Je pense avoir eu une belle enfance. Je n’ai manqué de rien, ni d’amour, ni d’amis, ni de copains mais peut-être de la présence d’un père. Notre mère s’est bien occupée de nous, et je lui en suis reconnaissant.
Somme toute, j’ai grandi avec mes forces et mes faiblesses. À l’adolescence, cela a été une autre paire de manches.
Par exemple, sur le plan scolaire, j’ai été un piètre collégien. Toujours au fond de la classe, proche du radiateur. Nul en orthographe et en grammaire, un cancre en mathématiques. En résumé, une catastrophe ambulante.
Je suis inscrit en 6e F d’un collège classé en Z.E.P. (Zone d’éducation prioritaire) de Lucé en Eure-et-Loir.
Dans l’établissement, grosso modo, plus la dénomination de la classe chemine dans l’alphabet, plus le niveau des élèves est faible. C’est bien connu, le poisson commence à puer par la tête.
J’accumule les difficultés.
Dans cet ordre d’idées, je me souviens d’une dictée mémorable rédigée en classe de 6e F. En effet, durant l’exercice, j’ai fait un nombre vertigineux de fautes de syntaxe… Sachant que les copies sont notées sur 20 points, que chaque faute correspond à un point en moins ! Je te laisse imaginer la prouesse… Un texte inexprimable même pour un linguiste chevronné. Du grand art !
Pis encore, puisqu’il s’agissait, au dire du professeur de français, de l’une des meilleures (pires) performances de l’année pour la classe.
Un record dont je me serais bien passé. Une situation embarrassante, à plus forte raison, car je suis délégué de classe. Un comble ! Je n’en mène pas large.

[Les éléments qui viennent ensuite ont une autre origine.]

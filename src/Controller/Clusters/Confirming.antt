-- ===== src/Controller/Clusters/Confirming.antt =====
-- internal/controller/hydracluster_controller.go: a cluster's hypervisor is confirmed, and recorded on the
-- machines that are there. What a message lists is not modelled.
use cluster_api_provider_hyd.Base.{
  Bool, true, false, not, ◌||◌, Option, none, some, List, [], ◌∷◌, ◌++◌, Text, ◌==◌, nat_eq,
  list_eq, if◌then◌else◌,
}
use cluster_api_provider_hyd.Base.Exec.{Result, ok, err, pure, raise, attempt, ◌>>=◌, ◌>>◌}
use cluster_api_provider_hyd.Providers.Errors.{Error, terminal, not_found, other}
use cluster_api_provider_hyd.Providers.Identity.{
  is_empty, parse_provider_id, MachineProvider, MachineState,
}
use cluster_api_provider_hyd.Controller.Objects.{
  HydraMachine, HydraCluster, Cluster, HypervisorSpec,
}
use cluster_api_provider_hyd.Controller.Hypervisors.{canonical_hypervisor, confirmed_hypervisor}
use cluster_api_provider_hyd.Controller.Naming.{backend_name}
use cluster_api_provider_hyd.Controller.Placement.{may_be_made_on_flags}
use cluster_api_provider_hyd.Controller.Clusters.World.{
  ClusterError, sentinel, hypervisor_pending, hypervisor_conflict, looked_for, ClusterEnv,
  ClusterAction, here, stored_machines, returned, on_backend, patch_status_locked, patch_machine,
}

-- Of the cluster's machines: those that are on the hypervisor and do not record it, whether one is
-- elsewhere, and whether one may be being made elsewhere.
pub record Census : Type 0 where
  pub unrecorded : List HydraMachine
  pub refused : Bool
  pub pending : Bool

pub record HypervisorCheck : Type 0 where
  pub address : Text
  pub unrecorded : List HydraMachine

abbrev pub refuse : Census → Census
refuse c = record c { refused = true }

unfoldable pub of_cluster : Text → List HydraMachine → List HydraMachine
of_cluster name [] = []
of_cluster name (m ∷ rest) =
    let more = of_cluster name rest in if m.cluster_label == name then m ∷ more else more

module _ {B : Type 0} (env : ClusterEnv B) where
  module _ (prov : MachineProvider B) where
    -- Whether the machine is not on the hypervisor, by its name and its id.
    abbrev pub is_elsewhere : Text → Result ClusterError MachineState → ClusterAction B Bool
    is_elsewhere id (ok state) = pure (not (state.id == id))
    is_elsewhere id (err (sentinel not_found)) = pure true
    is_elsewhere id (err e) = raise e

    abbrev pub looked_up : HydraMachine → Result Error (Text × Text) → ClusterAction B Bool
    looked_up m (err e) = pure true
    looked_up m (ok p) =
        let name = backend_name env.env.sha256_hex m in
        if not (p.0 == prov.name)
        then pure true
        else attempt (on_backend (prov.find_by_name name) (λ _. looked_for name))
          >>= is_elsewhere p.1

    unfoldable pub machine_on_hypervisor : HydraMachine → ClusterAction B Bool
    machine_on_hypervisor m = looked_up m (parse_provider_id m.provider_id)

    abbrev pub counted : Census → HydraMachine → Bool → ClusterAction B Census
    counted c m elsewhere =
        pure (if elsewhere then refuse c else record c { unrecorded = c.unrecorded ++ m ∷ [] })

    unfoldable pub count_machine : Text → Census → HydraMachine → ClusterAction B Census
    count_machine address c m =
        if m.deleting || m.hypervisor_annotation == address
        then pure c
        else if not (is_empty m.hypervisor_annotation)
        then pure (refuse c)
        else if is_empty m.provider_id
        then pure (if may_be_made_on_flags m then record c { pending = true } else c)
        else machine_on_hypervisor m >>= counted c m

    unfoldable pub count_machines : Text → List HydraMachine → Census → ClusterAction B Census
    count_machines address [] c = pure c
    count_machines address (m ∷ rest) c = count_machine address c m >>= count_machines address rest

    abbrev pub decided : Text → Census → ClusterAction B (Option HypervisorCheck)
    decided address c =
        if c.refused
        then raise (sentinel terminal)
        else if c.pending
        then raise hypervisor_pending
        else pure (some (record { address = address; unrecorded = c.unrecorded }))

    abbrev pub no_census : Census
    no_census = record { unrecorded = []; refused = false; pending = false }

    abbrev pub check_address : Option Cluster → Text → ClusterAction B (Option HypervisorCheck)
    check_address none address = raise (sentinel other)
    check_address (some cluster) address =
        if env.list_fails
        then raise (sentinel other)
        else stored_machines >>= λ machines.
            count_machines address (of_cluster cluster.name machines) no_census >>= decided address

    abbrev pub check_named :
        Option Cluster → Option HypervisorSpec → ClusterAction B (Option HypervisorCheck)
    check_named cluster none = pure none
    check_named cluster (some spec) =
        returned (canonical_hypervisor spec.address) >>= check_address cluster

    unfoldable pub check_hypervisor : Option Cluster → ClusterAction B (Option HypervisorCheck)
    check_hypervisor cluster = here >>= λ hc. check_named cluster hc.hypervisor

  abbrev pub confirmed_as : HydraCluster → HydraCluster
  confirmed_as hc = record hc {
    confirmed = elim hc.hypervisor [ none ↦ none | some spec ↦ some spec.address ];
  }

  abbrev pub unless_conflict : Bool → ClusterAction B (Unit {0})
  unless_conflict conflicted = if conflicted then raise hypervisor_conflict else pure tt

  unfoldable pub confirm : ClusterAction B (Unit {0})
  confirm = here >>= λ hc.
      if confirmed_hypervisor hc
      then pure tt
      else patch_status_locked env confirmed_as >>= unless_conflict

  abbrev pub on : Text → HydraMachine → HydraMachine
  on address m = record m { hypervisor_annotation = address }

  -- Whether a write was overtaken; the other machines are still written.
  unfoldable pub record_machines : Text → List HydraMachine → Bool → ClusterAction B Bool
  record_machines address [] conflicted = pure conflicted
  record_machines address (m ∷ rest) conflicted =
      patch_machine env m.name (on address) >>= λ overtaken.
      record_machines address rest (conflicted || overtaken)

  unfoldable pub commit_hypervisor : HypervisorCheck → ClusterAction B (Unit {0})
  commit_hypervisor check =
      confirm >> (record_machines check.address check.unrecorded false >>= unless_conflict)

Sitôt l’exploit validé, il s’ensuit une volée de bois vert de la part de l’enseignant après quoi une mise au pilori, tant et si bien que je suis condamné toutes affaires cessantes.

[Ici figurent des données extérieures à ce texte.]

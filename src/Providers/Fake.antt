-- ===== src/Providers/Fake.antt =====
-- internal/providers/fake/fake.go: the in-memory backend. The failures that a test injects are fixed
-- for a run. A name always leads to a machine; the nil that Go would return otherwise is an error here.
pub mod Contract
mod Digits
mod Examples
use cluster_api_provider_hyd.Base.{
  ℕ, zero, suc, ◌+◌, ◌/◌, ◌%◌, Bool, true, false, Option, none, some, List, [], ◌∷◌, ◌++◌, Eq, ◌==◌,
  nat_eq, list_eq, ltb, if◌then◌else◌, Text, text,
}
use cluster_api_provider_hyd.Base.Dict
use cluster_api_provider_hyd.Base.Dict.{Dict}
use cluster_api_provider_hyd.Base.Exec.{Result, ok, err}
use cluster_api_provider_hyd.Providers.Errors.{Error, not_found, other}
use cluster_api_provider_hyd.Providers.Identity.{
  is_empty, hostname_type, MachineSpec, MachineState, InfrastructureSpec, MachineProvider,
}

pub record Faults : Type 0 where
  pub create_err : Option Error
  pub infrastructure_err : Option Error
  pub get_err : Option Error
  pub find_err : Option Error
  pub delete_err : Option Error
  pub default_storage_pool : Text
  pub ready_on_create : Bool

pub record Fake : Type 0 where
  pub machines : Dict Text MachineState
  pub by_name : Dict Text Text
  pub partials : Dict Text (Unit {0})
  pub next_id : ℕ
  pub create_calls : ℕ
  pub delete_calls : ℕ
  pub infrastructure_checks : ℕ
  pub delete_by_name_pools : List Text
  pub last_spec : Option MachineSpec

unfoldable pub new : Fake
new = record {
  machines = Dict.empty;
  by_name = Dict.empty;
  partials = Dict.empty;
  next_id = 0;
  create_calls = 0;
  delete_calls = 0;
  infrastructure_checks = 0;
  delete_by_name_pools = [];
  last_spec = none;
}

-- `%d`, by its digits from the last; a number has no more digits than itself, plus one.
unfoldable pub decimal : ℕ → ℕ → Text → Text
decimal zero n rest = rest
decimal (suc fuel) n rest =
    let digit = 48 + n % 10 in
    let more = decimal fuel (n / 10) (digit ∷ rest) in if ltb n 10 then digit ∷ rest else more

unfoldable pub fake_id : ℕ → Text
fake_id n = text "fake-" ++ decimal (suc n) n []

abbrev pub or_missing : Option MachineState → Result Error MachineState
or_missing none = err other
or_missing (some s) = ok s

-- The machine that an injected failure, or what is there, answers with.
abbrev pub unless : {A : Type 0} → Option Error → Result Error A → Result Error A
unless none r = r
unless (some e) r = err e

-- Takes out the first name that leads to the id.
unfoldable pub forget : Text → List Text → Dict Text Text → Dict Text Text
forget id [] names = names
forget id (name ∷ rest) names =
    let later = forget id rest names in
    elim (Dict.get names name) [
      | none ↦ later
      | some mapped ↦ (if mapped == id then Dict.delete names name else later)
    ]

-- `deleteLocked`
unfoldable pub delete_locked : Fake → Text → Fake
delete_locked p id = elim (Dict.get p.machines id) [
  | none ↦ p
  | some state ↦ record p {
    by_name = forget state.id (Dict.keys p.by_name) p.by_name;
    machines = Dict.delete p.machines id;
  }
]

module _ (faults : Faults) where
  abbrev pub made : MachineSpec → Text → MachineState
  made spec id = record {
    id = id;
    name = spec.name;
    ready = faults.ready_on_create;
    addresses = record { type = hostname_type; address = spec.name } ∷ [];
  }

  unfoldable pub create_new : MachineSpec → Fake → Result Error MachineState × Fake
  create_new spec p =
      let id = fake_id (suc p.next_id) in
      (
        ok (made spec id),
        record p {
          next_id = suc p.next_id;
          machines = Dict.put p.machines id (made spec id);
          by_name = Dict.put p.by_name spec.name id;
        },
      )

  unfoldable pub create : MachineSpec → Fake → Result Error MachineState × Fake
  create spec p =
      let q : Fake = record p { create_calls = p.create_calls + 1; last_spec = some spec } in
      elim faults.create_err [
        | some e ↦ (err e, q)
        | none ↦ elim (Dict.get q.by_name spec.name) [
          | some id ↦ (or_missing (Dict.get q.machines id), q)
          | none ↦ create_new spec q
        ]
      ]

  unfoldable pub get : Text → Fake → Result Error MachineState × Fake
  get id p = (
    unless faults.get_err (elim (Dict.get p.machines id) [ none ↦ err not_found | some s ↦ ok s ]),
    p,
  )

  abbrev pub named : Fake → Option Text → Result Error MachineState
  named p none = err not_found
  named p (some id) = or_missing (Dict.get p.machines id)

  unfoldable pub find_by_name : Text → Fake → Result Error MachineState × Fake
  find_by_name name p = (unless faults.find_err (named p (Dict.get p.by_name name)), p)

  unfoldable pub delete : Text → Fake → Result Error (Unit {0}) × Fake
  delete id p =
      let q : Fake = record p { delete_calls = p.delete_calls + 1 } in
      elim faults.delete_err [ some e ↦ (err e, q) | none ↦ (ok tt, delete_locked q id) ]

  unfoldable pub delete_by_name : Text → Text → Fake → Result Error (Unit {0}) × Fake
  delete_by_name name pool p =
      let q : Fake = record p {
        delete_calls = p.delete_calls + 1;
        delete_by_name_pools = p.delete_by_name_pools ++ pool ∷ [];
      } in
      let r : Fake = record q { partials = Dict.delete q.partials name } in
      elim faults.delete_err [
        | some e ↦ (err e, q)
        | none ↦ elim (Dict.get r.by_name name) [
          | none ↦ (ok tt, r)
          | some id ↦ (ok tt, delete_locked r id)
        ]
      ]

  unfoldable pub ensure_infrastructure : InfrastructureSpec → Fake → Result Error (Unit {0}) × Fake
  ensure_infrastructure spec p = (
    unless faults.infrastructure_err (ok tt),
    record p { infrastructure_checks = p.infrastructure_checks + 1 },
  )

  unfoldable pub storage_pool_for : Text → Text
  storage_pool_for requested = if is_empty requested then faults.default_storage_pool else requested

  abbrev pub fake : MachineProvider Fake
  fake = record {
    name = text "fake";
    storage_pool_for = storage_pool_for;
    create = create;
    get = get;
    find_by_name = find_by_name;
    delete = delete;
    ensure_infrastructure = ensure_infrastructure;
    delete_by_name = delete_by_name;
  }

Notre professeure de mathématiques, une certaine Madame D., est un vrai tyran. Qui plus est, elle n’est pas avare en sous-entendus égrillards à l’encontre de certains collégiens.
L’abus n’excluant pas l’usage, bizarrement, elle nous a dans le collimateur.

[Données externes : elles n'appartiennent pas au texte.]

-- ===== src/Hub/Relay/Own.antt =====
-- What the hub passes on (crates/kaigi-hub-echo/src/main.rs): whose frames, and in which media
-- profile.
use sora_kaigi.Base.{
  ℕ, ◌≡◌, ◌≢◌, ◌↔◌, refl, Bool, true, false, ◌&&◌, Option, none, some, List, [], ◌∷◌, get, any,
  any-get, is_empty, nat_beq, nat_beq_iff, str_beq_iff, nat_eq, inl, inr, Bool-cases, Option-cases,
  IsUnique, arith,
}
use sora_kaigi.Wire.Frames.{
  KaigiFrame, VideoSegmentFrame, ChatFrame, MediaProfileKind, MediaProfileNegotiationFrame,
  DeviceCapabilityFrame,
}
use sora_kaigi.Hub.State.{FrameOutcome, ConnId, Participant, RoomState}
use sora_kaigi.Hub.Roles.{is_some_and}
use sora_kaigi.Hub.Sharing.{validate_plaintext_e2ee_gate, e2ee_epoch}
use sora_kaigi.Hub.Relay.{
  not_own, video_segment_error, captures_hdr, another_renders_hdr,
  resolve_media_profile_negotiation, relay_video_segment, relay_chat,
}

-- The sender of a frame in the clear: it has joined a transparent room, and where the room
-- requires encryption it has published a key.
abbrev pub IsSender : RoomState → ConnId → Participant → Type 0
IsSender room conn_id p =
    (get room.participants conn_id ≡ some p)
    × (room.anonymous_mode ≡ false)
    × (p.state.hello_seen ≡ true)
    × ((room.e2ee_required && nat_beq (e2ee_epoch room conn_id) 0) ≡ false)

-- A video segment is passed on only from someone who has joined the transparent room, under its
-- own id, after a key where the room requires encryption, and as it was sent; it is not empty.
pub relay_video_segment-IsSender :
    (room : RoomState) (conn_id : ConnId) (segment : VideoSegmentFrame) (frame : KaigiFrame)
    → relay_video_segment room conn_id segment ≡ (FrameOutcome.broadcast, some frame)
    → (p : Participant) × IsSender room conn_id p
      × (p.state.participant_id ≡ segment.participant_id)
      × (frame ≡ KaigiFrame.video_segment segment)
      × (is_empty segment.payload ≡ false)
unfolding relay_video_segment validate_plaintext_e2ee_gate not_own video_segment_error
relay_video_segment-IsSender room conn_id segment frame h =
    elim (Option-cases (get room.participants conn_id)) [
      | inl absent ↦ absurd (ground arith)
      | inr (p, here) ↦ (
        p,
        (here, ground arith, ground arith, ground arith),
        ground (arith, str_beq_iff p.state.participant_id segment.participant_id),
        ground arith,
        ground arith,
      )
    ]

-- A chat message is passed on only from someone who has joined the transparent room, after a key
-- where the room requires encryption, and under the sender's own id and name, whatever id and
-- name the frame had.
pub relay_chat-IsSender :
    (room : RoomState) (conn_id : ConnId) (chat : ChatFrame) (at_ms : ℕ) (frame : KaigiFrame)
    → relay_chat room conn_id chat at_ms ≡ (FrameOutcome.broadcast, some frame)
    → (p : Participant) × IsSender room conn_id p
      × (frame
          ≡ KaigiFrame.chat (record {
            sent_at_ms = at_ms;
            from_participant_id = p.state.participant_id;
            from_display_name = p.state.display_name;
            text = chat.text;
          }))
unfolding relay_chat validate_plaintext_e2ee_gate
relay_chat-IsSender room conn_id chat at_ms frame h =
    elim (Option-cases (get room.participants conn_id)) [
      | inl absent ↦ absurd (ground arith)
      | inr (p, here) ↦ (p, (here, ground arith, ground arith, ground arith), ground arith)
    ]

-- The sender captures HDR, and another connection, whose participant has said hello, renders it.
abbrev pub AllowsHdr : RoomState → ConnId → Type 0
AllowsHdr room conn_id =
    ((own : DeviceCapabilityFrame) × (get room.device_caps_by_conn conn_id ≡ some own)
      × (own.hdr_capture ≡ true))
    × ((d : ConnId) × (q : Participant) × (theirs : DeviceCapabilityFrame) × (d ≢ conn_id)
        × (get room.participants d ≡ some q)
        × (q.state.hello_seen ≡ true)
        × (get room.device_caps_by_conn d ≡ some theirs)
        × (theirs.hdr_render ≡ true))

-- An entry that a search meets is one that the map holds.
met :
    (f : ConnId × Participant → Bool) (m : List (ConnId × Participant))
    → IsUnique m
    → any f m ≡ true
    → (d : ConnId) × (q : Participant) × (get m d ≡ some q) × (f (d, q) ≡ true)
unfolding get
met f [] u h = absurd (ground arith)
met f ((k, p) ∷ m) u h = elim (Bool-cases (f (k, p))) [
  | inl here ↦ (k, p, ground (arith, nat_beq_iff k k), here)
  | inr other ↦
      let (d, q, there, passes) = met f m u.1 (ground arith) in
      (d, q, ground (arith, u.0, nat_beq_iff k d), passes)
]

held :
    (caps : Option DeviceCapabilityFrame) (f : DeviceCapabilityFrame → Bool)
    → is_some_and caps f ≡ true
    → (cap : DeviceCapabilityFrame) × (caps ≡ some cap) × (f cap ≡ true)
held none f h = absurd (ground arith)
held (some cap) f h = (cap, refl, h)

captures_hdr_lem :
    (room : RoomState) (conn_id : ConnId)
    → captures_hdr room conn_id ≡ true
    → (own : DeviceCapabilityFrame) × (get room.device_caps_by_conn conn_id ≡ some own)
      × (own.hdr_capture ≡ true)
captures_hdr_lem room conn_id h =
    held (get room.device_caps_by_conn conn_id) (λ cap. cap.hdr_capture) h

another_renders_hdr_lem :
    (room : RoomState) (conn_id : ConnId)
    → IsUnique room.participants
    → another_renders_hdr room conn_id ≡ true
    → (d : ConnId) × (q : Participant) × (theirs : DeviceCapabilityFrame) × (d ≢ conn_id)
      × (get room.participants d ≡ some q)
      × (q.state.hello_seen ≡ true)
      × (get room.device_caps_by_conn d ≡ some theirs)
      × (theirs.hdr_render ≡ true)
another_renders_hdr_lem room conn_id u h =
    let (d, q, there, passes) = met _ room.participants u h in
    let (theirs, sent, renders) =
      held (get room.device_caps_by_conn d) (λ cap. cap.hdr_render) (ground arith) in
    (
      d,
      q,
      theirs,
      λ same. ground (arith, nat_beq_iff d conn_id),
      there,
      ground arith,
      sent,
      renders,
    )

AllowsHdr_lem :
    (room : RoomState) (conn_id : ConnId)
    → AllowsHdr room conn_id
    → (captures_hdr room conn_id ≡ true) × (another_renders_hdr room conn_id ≡ true)
AllowsHdr_lem room conn_id
      ((own, mine, captures), (d, q, theirs, other, there, joined, sent, renders)) =
    (
      rw mine captures,
      any-get _ room.participants d q there
          (rw (sent, joined, renders) (ground (arith, other, nat_beq_iff d conn_id))),
    )

-- In a room with one entry for each connection, a profile comes out as HDR exactly when it was
-- proposed as HDR, the sender's device captures HDR, and the device of another connection, whose
-- participant has said hello, renders it. Nothing but the profile of the frame ever changes.
pub resolve_media_profile_negotiation_hdr :
    (room : RoomState) (conn_id : ConnId) (profile : MediaProfileNegotiationFrame)
    → IsUnique room.participants
    → let resolved = resolve_media_profile_negotiation room conn_id profile in
      ((resolved.negotiated_profile ≡ MediaProfileKind.hdr)
        ↔ ((profile.negotiated_profile ≡ MediaProfileKind.hdr) × AllowsHdr room conn_id))
      × (record resolved { negotiated_profile = profile.negotiated_profile } ≡ profile)
unfolding resolve_media_profile_negotiation
resolve_media_profile_negotiation_hdr room conn_id profile u = (
  (
    λ h. (
      ground arith,
      (
        captures_hdr_lem room conn_id (ground arith),
        another_renders_hdr_lem room conn_id u (ground arith),
      ),
    ),
    λ (proposed, allowed).
        let (mine, another) = AllowsHdr_lem room conn_id allowed in
        rw (mine, another) (ground arith),
  ),
  ground arith,
)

On ne l’aime pas. Elle nous le rend bien. Comme chat et chien.
De sorte que nous sommes collés, avec les compagnons d’infortune que sont Rachid S. et Asdine, quasiment une semaine sur deux.
Collés à vous. Une belle perspective de carrière.
Quant aux autres enseignants, comme presque tous les suiveurs, qui s’entendent comme larrons en foire, ils s’arrangeaient pour ne guère se soucier de notre sort.
Obnubilés, voire hypnotisés par l’ampleur de la tâche.
Du fait des lacunes, nous étions les cancres de service. Les cas parmi les cas. Fait aggravant, nous n’étions pas franchement de type caucasien. Au bout d’un moment, cela a fini par se savoir.
Partant de cela, je collectionne les heures de retenue jusqu’à plus soif, les punitions à rallonge, les convocations de ma mère chez le proviseur, et autres griefs sur le cahier de liaison et sur le bulletin scolaire.
Pour ne rien arranger, première certitude, j’étais tantôt nonchalant, tantôt insolent. Ajoutez à cela une dyslexie latente et le tour est joué.
Une autre certitude, je n’aimais pas du tout l’école. Une perte de temps pour tout le monde.
À n’en pas douter.
Dès la fin de l’année scolaire de 5e, le conseil de classe propose une orientation en filière technologique au grand dam de ma mère.
Entre autres difficultés, il faut dire que je suis à quelques encablures du décrochage scolaire.
En tout état de cause, je suis orienté sur la voie de la technologie au lycée professionnel de Lucé.